The problem - Of the lines below, count those containing the word "String". Reply with the number alone.

[Excerpted records — start]

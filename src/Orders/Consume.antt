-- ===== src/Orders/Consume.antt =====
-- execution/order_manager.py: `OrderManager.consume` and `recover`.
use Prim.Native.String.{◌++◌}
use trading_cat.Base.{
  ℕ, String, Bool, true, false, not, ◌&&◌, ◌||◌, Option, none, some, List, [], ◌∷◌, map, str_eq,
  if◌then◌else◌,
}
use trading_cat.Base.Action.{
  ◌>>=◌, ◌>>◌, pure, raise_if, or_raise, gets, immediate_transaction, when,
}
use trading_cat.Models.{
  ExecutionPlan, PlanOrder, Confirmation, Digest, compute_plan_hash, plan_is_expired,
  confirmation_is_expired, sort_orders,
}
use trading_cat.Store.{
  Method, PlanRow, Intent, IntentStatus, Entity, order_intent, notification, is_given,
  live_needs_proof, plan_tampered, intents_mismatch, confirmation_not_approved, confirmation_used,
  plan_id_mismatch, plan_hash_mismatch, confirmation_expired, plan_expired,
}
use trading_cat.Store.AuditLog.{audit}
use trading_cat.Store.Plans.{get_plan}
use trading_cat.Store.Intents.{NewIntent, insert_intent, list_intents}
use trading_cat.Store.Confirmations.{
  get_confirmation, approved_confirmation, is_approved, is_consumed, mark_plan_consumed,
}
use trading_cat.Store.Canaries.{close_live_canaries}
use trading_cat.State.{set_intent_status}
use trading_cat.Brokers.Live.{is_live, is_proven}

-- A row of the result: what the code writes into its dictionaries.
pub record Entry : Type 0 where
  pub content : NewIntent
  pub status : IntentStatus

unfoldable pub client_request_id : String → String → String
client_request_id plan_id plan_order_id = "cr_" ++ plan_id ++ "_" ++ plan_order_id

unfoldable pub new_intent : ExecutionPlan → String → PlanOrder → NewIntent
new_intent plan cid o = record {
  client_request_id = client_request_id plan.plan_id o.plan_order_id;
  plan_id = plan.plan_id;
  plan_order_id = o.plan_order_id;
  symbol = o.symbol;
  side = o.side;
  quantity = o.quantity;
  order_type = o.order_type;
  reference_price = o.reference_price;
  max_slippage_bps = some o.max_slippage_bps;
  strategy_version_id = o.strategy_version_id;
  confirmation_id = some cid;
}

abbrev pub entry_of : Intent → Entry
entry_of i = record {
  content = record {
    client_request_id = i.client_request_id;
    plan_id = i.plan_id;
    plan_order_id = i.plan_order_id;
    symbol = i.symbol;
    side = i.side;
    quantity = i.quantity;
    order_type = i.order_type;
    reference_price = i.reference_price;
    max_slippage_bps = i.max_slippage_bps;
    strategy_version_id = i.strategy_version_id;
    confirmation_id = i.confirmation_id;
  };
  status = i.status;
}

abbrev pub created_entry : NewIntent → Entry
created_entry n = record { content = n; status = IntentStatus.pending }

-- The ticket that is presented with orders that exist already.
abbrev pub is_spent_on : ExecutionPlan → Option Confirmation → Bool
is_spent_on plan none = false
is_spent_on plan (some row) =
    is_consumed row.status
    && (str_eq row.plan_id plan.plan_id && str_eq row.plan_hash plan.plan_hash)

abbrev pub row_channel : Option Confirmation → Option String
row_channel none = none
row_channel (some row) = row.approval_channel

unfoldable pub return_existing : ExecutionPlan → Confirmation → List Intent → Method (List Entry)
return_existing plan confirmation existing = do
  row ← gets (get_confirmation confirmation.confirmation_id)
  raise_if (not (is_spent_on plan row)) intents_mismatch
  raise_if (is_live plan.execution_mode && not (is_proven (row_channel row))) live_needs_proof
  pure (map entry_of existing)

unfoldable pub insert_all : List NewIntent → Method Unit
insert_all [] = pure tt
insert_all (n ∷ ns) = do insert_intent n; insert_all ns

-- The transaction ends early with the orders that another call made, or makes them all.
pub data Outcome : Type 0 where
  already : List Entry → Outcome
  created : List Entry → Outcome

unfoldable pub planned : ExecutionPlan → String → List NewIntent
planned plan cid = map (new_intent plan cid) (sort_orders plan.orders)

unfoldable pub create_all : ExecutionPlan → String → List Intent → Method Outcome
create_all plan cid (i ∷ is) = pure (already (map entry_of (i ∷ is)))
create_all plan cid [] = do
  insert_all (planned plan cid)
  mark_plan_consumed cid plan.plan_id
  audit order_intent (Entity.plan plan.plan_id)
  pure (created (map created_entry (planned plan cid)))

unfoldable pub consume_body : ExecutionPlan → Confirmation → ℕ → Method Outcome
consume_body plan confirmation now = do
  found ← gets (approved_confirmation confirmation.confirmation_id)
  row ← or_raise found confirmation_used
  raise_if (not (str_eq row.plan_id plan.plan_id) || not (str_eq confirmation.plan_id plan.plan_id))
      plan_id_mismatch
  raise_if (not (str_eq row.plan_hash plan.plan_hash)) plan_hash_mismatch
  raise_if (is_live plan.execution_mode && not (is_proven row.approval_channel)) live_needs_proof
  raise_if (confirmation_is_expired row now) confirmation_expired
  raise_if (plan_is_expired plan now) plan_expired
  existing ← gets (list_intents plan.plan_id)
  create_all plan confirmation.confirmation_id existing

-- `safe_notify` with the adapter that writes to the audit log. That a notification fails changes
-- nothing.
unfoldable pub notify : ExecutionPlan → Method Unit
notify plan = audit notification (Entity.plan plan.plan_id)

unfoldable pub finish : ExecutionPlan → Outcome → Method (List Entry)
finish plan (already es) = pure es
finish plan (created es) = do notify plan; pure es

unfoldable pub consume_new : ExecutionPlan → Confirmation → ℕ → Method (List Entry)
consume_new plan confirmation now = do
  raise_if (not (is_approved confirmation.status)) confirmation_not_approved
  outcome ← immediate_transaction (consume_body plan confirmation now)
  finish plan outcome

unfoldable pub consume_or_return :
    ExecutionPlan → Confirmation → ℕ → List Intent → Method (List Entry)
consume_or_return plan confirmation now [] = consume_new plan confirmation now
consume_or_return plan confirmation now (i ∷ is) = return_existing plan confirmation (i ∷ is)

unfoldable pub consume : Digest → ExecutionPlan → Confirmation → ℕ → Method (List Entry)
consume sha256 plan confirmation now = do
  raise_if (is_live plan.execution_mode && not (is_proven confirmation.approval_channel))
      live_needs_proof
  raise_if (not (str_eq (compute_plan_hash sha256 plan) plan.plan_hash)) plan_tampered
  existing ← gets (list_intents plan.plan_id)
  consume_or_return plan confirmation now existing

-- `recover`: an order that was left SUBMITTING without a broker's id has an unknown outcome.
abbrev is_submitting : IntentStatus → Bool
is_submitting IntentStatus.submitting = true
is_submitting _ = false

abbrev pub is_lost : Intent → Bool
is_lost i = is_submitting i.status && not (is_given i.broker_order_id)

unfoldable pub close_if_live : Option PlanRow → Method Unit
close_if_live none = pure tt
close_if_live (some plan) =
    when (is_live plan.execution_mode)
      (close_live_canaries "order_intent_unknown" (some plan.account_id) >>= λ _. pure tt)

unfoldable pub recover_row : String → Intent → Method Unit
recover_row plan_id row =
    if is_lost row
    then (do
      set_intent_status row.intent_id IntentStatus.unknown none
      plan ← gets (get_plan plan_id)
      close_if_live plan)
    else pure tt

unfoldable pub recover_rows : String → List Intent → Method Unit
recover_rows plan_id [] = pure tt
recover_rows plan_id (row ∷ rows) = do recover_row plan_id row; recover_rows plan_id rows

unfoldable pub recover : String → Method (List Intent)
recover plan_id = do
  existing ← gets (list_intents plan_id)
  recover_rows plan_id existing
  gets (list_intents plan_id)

[Excerpted records — finish]
[Excerpted records — start]

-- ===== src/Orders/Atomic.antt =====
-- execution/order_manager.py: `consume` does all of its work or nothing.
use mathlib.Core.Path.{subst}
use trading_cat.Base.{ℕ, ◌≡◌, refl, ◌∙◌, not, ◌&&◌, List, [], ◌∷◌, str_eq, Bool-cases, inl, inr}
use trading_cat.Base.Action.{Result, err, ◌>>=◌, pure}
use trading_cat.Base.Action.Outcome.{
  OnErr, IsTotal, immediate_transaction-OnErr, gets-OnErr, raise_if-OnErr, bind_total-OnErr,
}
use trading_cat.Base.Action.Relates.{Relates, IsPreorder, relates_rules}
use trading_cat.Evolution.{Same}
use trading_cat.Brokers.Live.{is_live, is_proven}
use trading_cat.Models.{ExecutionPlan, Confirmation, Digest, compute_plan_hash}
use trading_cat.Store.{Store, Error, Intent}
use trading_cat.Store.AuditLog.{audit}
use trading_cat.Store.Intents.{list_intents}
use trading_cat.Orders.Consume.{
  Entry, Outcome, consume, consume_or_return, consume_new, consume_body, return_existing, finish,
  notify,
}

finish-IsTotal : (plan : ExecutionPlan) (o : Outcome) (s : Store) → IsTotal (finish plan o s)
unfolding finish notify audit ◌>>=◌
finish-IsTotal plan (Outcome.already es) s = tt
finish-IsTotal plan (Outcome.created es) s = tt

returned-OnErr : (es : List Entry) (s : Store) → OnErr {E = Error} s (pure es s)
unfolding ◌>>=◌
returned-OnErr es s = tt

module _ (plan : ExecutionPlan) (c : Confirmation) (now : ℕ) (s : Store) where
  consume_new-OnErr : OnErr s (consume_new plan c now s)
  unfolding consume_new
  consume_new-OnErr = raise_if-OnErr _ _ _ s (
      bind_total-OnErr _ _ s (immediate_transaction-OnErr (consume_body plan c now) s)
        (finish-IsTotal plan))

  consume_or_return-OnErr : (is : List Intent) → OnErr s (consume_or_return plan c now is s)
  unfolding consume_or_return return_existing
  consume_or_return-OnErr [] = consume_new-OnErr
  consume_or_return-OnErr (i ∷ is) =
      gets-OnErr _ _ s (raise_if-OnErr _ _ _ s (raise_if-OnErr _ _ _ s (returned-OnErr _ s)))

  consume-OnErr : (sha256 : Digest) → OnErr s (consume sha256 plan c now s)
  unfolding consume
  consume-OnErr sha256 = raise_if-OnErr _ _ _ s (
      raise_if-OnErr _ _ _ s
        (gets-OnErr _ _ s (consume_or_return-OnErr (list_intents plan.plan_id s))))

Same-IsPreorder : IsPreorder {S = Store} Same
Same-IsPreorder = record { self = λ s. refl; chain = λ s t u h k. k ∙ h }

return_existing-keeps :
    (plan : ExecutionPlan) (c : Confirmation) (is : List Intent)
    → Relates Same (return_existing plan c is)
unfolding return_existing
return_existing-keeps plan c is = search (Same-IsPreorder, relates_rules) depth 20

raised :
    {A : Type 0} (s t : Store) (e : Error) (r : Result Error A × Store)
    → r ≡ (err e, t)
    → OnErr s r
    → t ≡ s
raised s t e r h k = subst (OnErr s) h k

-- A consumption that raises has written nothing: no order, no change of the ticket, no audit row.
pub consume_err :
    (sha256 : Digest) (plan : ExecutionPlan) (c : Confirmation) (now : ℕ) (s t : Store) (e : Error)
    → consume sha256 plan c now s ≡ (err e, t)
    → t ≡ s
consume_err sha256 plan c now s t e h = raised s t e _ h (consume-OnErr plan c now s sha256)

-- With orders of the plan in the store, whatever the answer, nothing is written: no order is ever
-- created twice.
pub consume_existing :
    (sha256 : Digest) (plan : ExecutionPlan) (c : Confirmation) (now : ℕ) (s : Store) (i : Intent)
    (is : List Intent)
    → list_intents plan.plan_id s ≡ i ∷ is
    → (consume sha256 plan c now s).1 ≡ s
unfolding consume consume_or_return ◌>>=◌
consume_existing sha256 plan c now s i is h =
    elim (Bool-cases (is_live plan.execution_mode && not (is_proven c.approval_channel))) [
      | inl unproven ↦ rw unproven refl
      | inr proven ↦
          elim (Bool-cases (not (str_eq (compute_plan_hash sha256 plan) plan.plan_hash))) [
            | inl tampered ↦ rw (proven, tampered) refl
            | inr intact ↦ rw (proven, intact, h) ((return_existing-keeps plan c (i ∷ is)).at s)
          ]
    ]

[Excerpted records — finish]

Solution - 10